Ian Thomson

The world in arms

Ian Thomson admires a lucid and wide-ranging account of the most destructive war of all time

issue 02 June 2012

The long summer that led up to the last days of peace in Europe in 1939 — the vigil of Hitler’s assault on Poland and the subsequent Phoney War — gave little hint of the storm to come. As German troops engulfed Poland, however, Britain at last declared war on Hitler. Infamously, the Nazi science of massacre was put to the test in occupied Poland. Within two months of Hitler’s invasion, over 5,000 Jews were murdered behind the Polish lines. One year into the occupation a ghetto was established in Warsaw as a holding place for Jews prior to their deportation and death. A total of 265,000 of the city’s Jews were gassed over a single summer at Treblinka nearby. It was the largest slaughter of any single community in the second world war.

Historians are still trying to understand Hitler’s war against the Jews. There have been other massacres in recent times but none was so ferocious, so total in effect, as that willed by Hitler’s Germans in the heart of ‘civilised’ Europe. Aided by the indifference of most Germans, Hitler and his race-engineers were able to create ruthless new ideals of totalitarian dominance. Overall, the second world war claimed the lives — Jewish and non-Jewish — of over 50 million people. It was the most catastrophic war mankind has ever known.

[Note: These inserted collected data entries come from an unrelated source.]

-- ===== src/Iocp/Line/Tests.antt =====
-- Lines read on Windows.
use jnet_lib.Base.{ℕ, ◌≡◌, refl, true, false, none, some, List, [], ◌∷◌, ◌++◌, arith}
use jnet_lib.Base.Int.{ℤ, pos}
use jnet_lib.Errors.{no_error}
use jnet_lib.Posix.{done, failed, Files}
use jnet_lib.File.Line
use jnet_lib.Iocp.{
  Service, new_service, begin_overlapped, end_overlapped, on_pending, work_started, take_packet,
  claim, from_kernel, kernel_completes, Steps,
}
use jnet_lib.Iocp.Line.{LineOp, on_complete, read_again, asyn_read_line}
use jnet_lib.Iocp.Line.Same.{on_linux, SameNext, on_complete-SameNext}
use jnet_lib.Iocp.Line.Twice.{IsCompleting, read_again-Twice}

-- "ab\r\nc" in a buffer of 8 bytes.
abbrev line : LineOp
line = asyn_read_line (97 ∷ 98 ∷ 13 ∷ 10 ∷ 99 ∷ 0 ∷ 0 ∷ 0 ∷ []) 8 (13 ∷ 10 ∷ []) false

abbrev block : List ℤ
block = pos 7 ∷ pos 7 ∷ []

-- A file that has nothing to read.
abbrev empty_file : Files
empty_file = record {
  State = ℕ;
  open_file = λ d name flags. (d, failed 2);
  close = λ d fd. (d, done tt);
  lseek = λ d fd n w. (d, done 0);
  fstat_size = λ d fd. (d, done 0);
  ftruncate = λ d fd n. (d, done tt);
  fsync = λ d fd. (d, done tt);
  read = λ d fd n. (d, done []);
  write = λ d fd bs. (d, done 0);
}

on_complete-SameNext_example :
    SameNext empty_file
      (some 3)
      line
      no_error
      0
      5
      (Line.on_complete empty_file block 0 (on_linux (some 3) line) no_error 5)
      (on_complete block line no_error 5)
on_complete-SameNext_example =
    on_complete-SameNext empty_file block 0 (some 3) line no_error 5 refl (omega arith)
      (omega arith) (omega arith) refl

abbrev part_done : Service
part_done =
    claim 1 (no_error, 5) []
      (take_packet none (from_kernel 1) [] (
        kernel_completes 1
          (end_overlapped true 1 (begin_overlapped 1 (no_error, 5) (new_service false))))).0

part_done-IsCompleting : IsCompleting 1 part_done
unfolding new_service begin_overlapped end_overlapped on_pending work_started take_packet claim
part_done-IsCompleting = record { ready = refl; port = refl; held = refl }

read_again-Twice_example :
    (t : Service) × Steps (read_again 1 (no_error, 7) (no_error, 0) part_done) t
    × (t.begun 1 ≡ part_done.begun 1 ++ ((no_error, 7) ∷ []))
    × (t.completed 1 ≡ part_done.completed 1 ++ ((no_error, 0) ∷ (no_error, 7) ∷ []))
read_again-Twice_example =
    read_again-Twice 1 (no_error, 7) (no_error, 0) part_done part_done-IsCompleting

Several large, one-volume histories of the 1939-45 conflict have appeared in recent years. The Storm of War by Andrew Roberts was a smoothly readable volume which presented the standard British narrative of the war built round the rise and fall of Hitler (‘a world-class know-all’) and the dictator’s attempts to assert hegemony over Europe. Correspondingly little analysis was made of the Pacific theatre of operations, though the war in the Far East inevitably influenced the war in Europe.